Research Project: Multifunctional Farms and Landscapes to Enhance Ecosystem Services

Location: Pasture Systems & Watershed Management Research

Title: How well can we predict forage species occurrence and abundance?

Author
item Wang, Audrey - Pennsylvania State University
item Goslee, Sarah
item Miller, Douglas - Pennsylvania State University

Submitted to: Meeting Abstract
Publication Type: Abstract Only
Publication Acceptance Date: 1/26/2014
Publication Date: 2/4/2014
Citation: Wang, A., Goslee, S.C., Miller, D. 2014. How well can we predict forage species occurrence and abundance[Abstract]?. Northeast Pasture Consortium. p 3.

Interpretive Summary:

Technical Abstract: As part of a larger effort focused on forage species production and management, we have been developing a statistical modeling approach to predict the probability of species occurrence and the abundance for Orchard Grass over the Northeast region of the United States using two selected statistical methods: a Generalized Linear Model (GLM) and a Generalized Additive Model (GAM).

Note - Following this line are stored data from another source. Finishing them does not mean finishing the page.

-- ===== src/Speaker/Tone.antt =====
-- The speaker of Speaker.c as its callers see it, and what each call does to a state that stands for it.
use battery_info.Prelude.{
  ℕ, zero, suc, ◌≡◌, refl, Bool, Option-cases, true, false, not, leb, ◌==◌, List, none, some,
  if◌then◌else◌, arith, inl, inr,
}
use battery_info.Prelude.Text.{Text, codes}
use battery_info.Speaker.Env.{
  export, period, duty_cycle, enable, speaker_inited, Speaker, Env, is_inited, speaker_error_none,
  speaker_error_out_of_bounds, speaker_error_state, speaker_error_sysfs,
}
use battery_info.Speaker.Pwm.{subdir_file, find_dir, pwm_write, export_channel}
use battery_info.Speaker.Volume.{open_chip, open_volume_pins, close_volume_pins, set_volume}
use battery_info.Speaker.Device.{init, write_pitch, play_pitch, de_init}
use battery_info.Speaker.Pitch.{last_value, Sounding, Works}
use battery_info.Speaker.Pins.{
  Call, init_call, de_init_call, play_pitch_call, set_volume_call, set_volume_lem,
}

-- The speaker as its callers see it: whether it is initialised, the frequency that sounds (0 for
-- none), and the one that was asked for last.
pub record Tone : Type 0 where
  pub active : Bool
  pub sounds : ℕ
  pub asked : ℕ

unfoldable pub tone_step : Tone → Call → ℕ × Tone
tone_step t (init_call env) =
    if t.active then (speaker_error_state, t) else (speaker_error_none, record t { active = true })
tone_step t (de_init_call env) =
    if t.active
    then (speaker_error_none, record t { active = false; sounds = 0 })
    else (speaker_error_state, t)
tone_step t (play_pitch_call env f) =
    if not t.active
    then (speaker_error_state, t)
    else if f == t.asked
    then (speaker_error_none, t)
    else (speaker_error_none, record t { sounds = f; asked = f })
tone_step t (set_volume_call env n) = (
  if not t.active
      then speaker_error_sysfs
      else if leb n 3
      then speaker_error_none
      else speaker_error_out_of_bounds,
  t,
)

-- The system refuses nothing during the call.
pub record Succeeds (period_ns : ℕ → ℕ) (env : Env) : Type 0 where
  pub works : Works env
  pub dir : (names : List Text) × (env.pwm_dev_dir ≡ some names)
  pub chip : (name : Text) → (c : ℕ) × (env.chip_open_by_name name ≡ some c)
  pub line : (c offset : ℕ) → (l : ℕ) × (env.chip_get_line c offset ≡ some l)
  pub request : (l : ℕ) → env.line_request_fails l ≡ false
  pub set : (l v : ℕ) → env.line_set_value_fails l v ≡ false
  pub same_period : env.period_ns ≡ period_ns

abbrev pub env_of : Call → Env
env_of (init_call env) = env
env_of (de_init_call env) = env
env_of (play_pitch_call env f) = env
env_of (set_volume_call env n) = env

-- The three registers of the channel.
pub record SameChannel (s t : Speaker) : Type 0 where
  pub enable_same : last_value enable t.effects ≡ last_value enable s.effects
  pub period_same : last_value period t.effects ≡ last_value period s.effects
  pub duty_same : last_value duty_cycle t.effects ≡ last_value duty_cycle s.effects

pub SameChannel-Sounding :
    (period_ns : ℕ → ℕ) (f : ℕ) {s t : Speaker}
    → SameChannel s t
    → Sounding period_ns f s.effects
    → Sounding period_ns f t.effects
SameChannel-Sounding p zero c h = rw c.enable_same h
SameChannel-Sounding p (suc f) c h = rw (c.enable_same, c.period_same, c.duty_same) h

pub init-SameChannel : (env : Env) (s : Speaker) → SameChannel s (init env s).1
unfolding init export_channel open_volume_pins
init-SameChannel env s = ground arith

pub set_volume-SameChannel :
    (env : Env) (n : ℕ) (s : Speaker) → SameChannel s (set_volume env n s).1
unfolding set_volume
set_volume-SameChannel env n s = ground arith

-- The volume pins are open.
abbrev pub has_pins : Speaker → Bool
has_pins s = elim s.en1_line [
  | none ↦ false
  | some l1 ↦ elim s.en2_line [ none ↦ false | some l2 ↦ true ]
]

-- The state that stands for the tone.
pub record Represents (period_ns : ℕ → ℕ) (s : Speaker) (t : Tone) : Type 0 where
  pub active : is_inited s.state ≡ t.active
  pub pins : has_pins s ≡ t.active
  pub asked : s.current_freq ≡ t.asked
  pub sounding : Sounding period_ns t.sounds s.effects

-- The chip that is open, or is opened.
chip_of :
    {p : ℕ → ℕ} (env : Env) (s : Speaker)
    → Succeeds p env
    → (c : ℕ) × (open_chip env s.chip ≡ some c)
chip_of env s w = elim (Option-cases s.chip) [
  | inl e ↦ rw e (w.chip (codes "gpiochip7"))
  | inr (c, e) ↦ rw e (c, refl)
]

init_result :
    (env : Env) (s : Speaker) (names : List Text) (c l1 l2 : ℕ)
    → env.speaker_lock_fails ≡ false
    → is_inited s.state ≡ false
    → env.pwm_dev_dir ≡ some names
    → let path = subdir_file (find_dir names s.speaker_dir) export in
      env.fopen_fails path ≡ false
      → env.fprintf_fails path ≡ false
      → env.volume_lock_fails ≡ false
      → open_chip env s.chip ≡ some c
      → env.chip_get_line c 8 ≡ some l1
      → env.chip_get_line c 9 ≡ some l2
      → env.line_request_fails l1 ≡ false
      → env.line_request_fails l2 ≡ false
      → let (r, s') = init env s in
        (r ≡ 0)
        × (is_inited s'.state ≡ true)
        × (has_pins s' ≡ true)
        × (s'.current_freq ≡ s.current_freq)
unfolding init export_channel open_volume_pins
init_result env s names c l1 l2 lock e dir file print lock2 chip line1 line2 free1 free2 =
    ground arith

pub init_lem :
    {p : ℕ → ℕ} (env : Env) (s : Speaker)
    → Succeeds p env
    → is_inited s.state ≡ false
    → let (r, s') = init env s in
      (r ≡ 0)
      × (is_inited s'.state ≡ true)
      × (has_pins s' ≡ true)
      × (s'.current_freq ≡ s.current_freq)
init_lem env s w e =
    let works = w.works in
    let (names, dir) = w.dir in
    let (c, chip) = chip_of env s w in
    let (l1, line1) = w.line c 8 in
    let (l2, line2) = w.line c 9 in
    init_result env s names c l1 l2 works.speaker_lock e dir (works.fopen _) (works.fprintf _)
      works.volume_lock chip line1 line2 (w.request l1) (w.request l2)

-- What a call leaves alone.
pub set_volume-kept :
    (env : Env) (n : ℕ) (s : Speaker)
    → let s' = (set_volume env n s).1 in
      (s'.state ≡ s.state) × (has_pins s' ≡ has_pins s) × (s'.current_freq ≡ s.current_freq)
unfolding set_volume
set_volume-kept env n s = ground arith

pub write_pitch-kept :
    (env : Env) (f : ℕ) (s : Speaker)
    → let s' = write_pitch env f s in (s'.state ≡ s.state) × (has_pins s' ≡ has_pins s)
unfolding write_pitch pwm_write
write_pitch-kept env f s = ground arith

close_volume_pins-closed :
    (env : Env) (s : Speaker)
    → env.volume_lock_fails ≡ false
    → has_pins (close_volume_pins env s) ≡ false
unfolding close_volume_pins
close_volume_pins-closed env s h = ground arith

pub de_init_lem :
    (env : Env) (s : Speaker)
    → Works env
    → s.state ≡ speaker_inited
    → let (r, s') = de_init env s in (r ≡ 0) × (is_inited s'.state ≡ false) × (has_pins s' ≡ false)
unfolding de_init
de_init_lem env s w i =
    simp (w.speaker_lock, i) (refl, refl, close_volume_pins-closed env _ w.volume_lock)

pub set_volume-refused :
    (env : Env) (n : ℕ) (s : Speaker)
    → env.volume_lock_fails ≡ false
    → has_pins s ≡ false
    → (set_volume env n s).0 ≡ speaker_error_sysfs
unfolding set_volume
set_volume-refused env n s lock h = ground arith

lines_of :
    (s : Speaker)
    → has_pins s ≡ true
    → (l1 : ℕ) × (l2 : ℕ) × (s.en1_line ≡ some l1) × (s.en2_line ≡ some l2)
lines_of s h = elim (Option-cases s.en1_line) [
  | inl none1 ↦ absurd (ground arith)
  | inr (l1, e1) ↦ elim (Option-cases s.en2_line) [
    | inl none2 ↦ absurd (ground arith)
    | inr (l2, e2) ↦ (l1, l2, e1, e2)
  ]
]

pub set_volume-taken :
    {p : ℕ → ℕ} (env : Env) (n : ℕ) (s : Speaker)
    → Succeeds p env
    → has_pins s ≡ true
    → (set_volume env n s).0 ≡ (if leb n 3 then speaker_error_none else speaker_error_out_of_bounds)
set_volume-taken env n s w h =
    let (l1, l2, e1, e2) = lines_of s h in
    rw (set_volume_lem env n l1 l2 s w.works.volume_lock w.set e1 e2) (ground arith)

-- Calls that the state refuses.
pub init-refused :
    (env : Env) (s : Speaker)
    → env.speaker_lock_fails ≡ false
    → is_inited s.state ≡ true
    → init env s ≡ (speaker_error_state, s)
unfolding init
init-refused env s lock e = ground arith

pub de_init-refused :
    (env : Env) (s : Speaker)
    → env.speaker_lock_fails ≡ false
    → is_inited s.state ≡ false
    → de_init env s ≡ (speaker_error_state, s)
unfolding de_init
de_init-refused env s lock e = ground arith

pub play_pitch-refused :
    (env : Env) (f : ℕ) (s : Speaker)
    → env.speaker_lock_fails ≡ false
    → is_inited s.state ≡ false
    → play_pitch env f s ≡ (speaker_error_state, s)
unfolding play_pitch
play_pitch-refused env f s lock e = ground arith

The predicted maps describe the suitability of the species for the region and the role of environmental factors on species growth. Field observations and ecologically meaningful gridded environmental variables (climate, topography and soils) were used to create the models. The predictors involved in the models were statistically significant with the r-squared of the model accuracy being between 0.3 and 0.4. Our results indicate that the predicted spatial patterns of species distribution appear to be ecologically realistic for the most of areas and are consistent among the different statistical methods. From an ecological point of view, the distributions for species abundance were more accurately predicted than that of species occurrence. We estimated the predictive performance based on cross-validation using the quantitative criteria for comparing the predictive ability of the statistical models. Our dataset was divided into “training” for calibration with 70% of data and “testing” for validation with the remaining 30% of data, because we currently don’t have another independent dataset with suitable forage species available. These optimal models could be applied to explore scenarios based on historical, current and future land use change and climate change cross the landscape for the region, addressing potential species response to changing environment. The approach we have followed in this project could be used to establish species distribution models that may be useful for other herbaceous species prediction, given the existing data of about 100 forage species available in our database.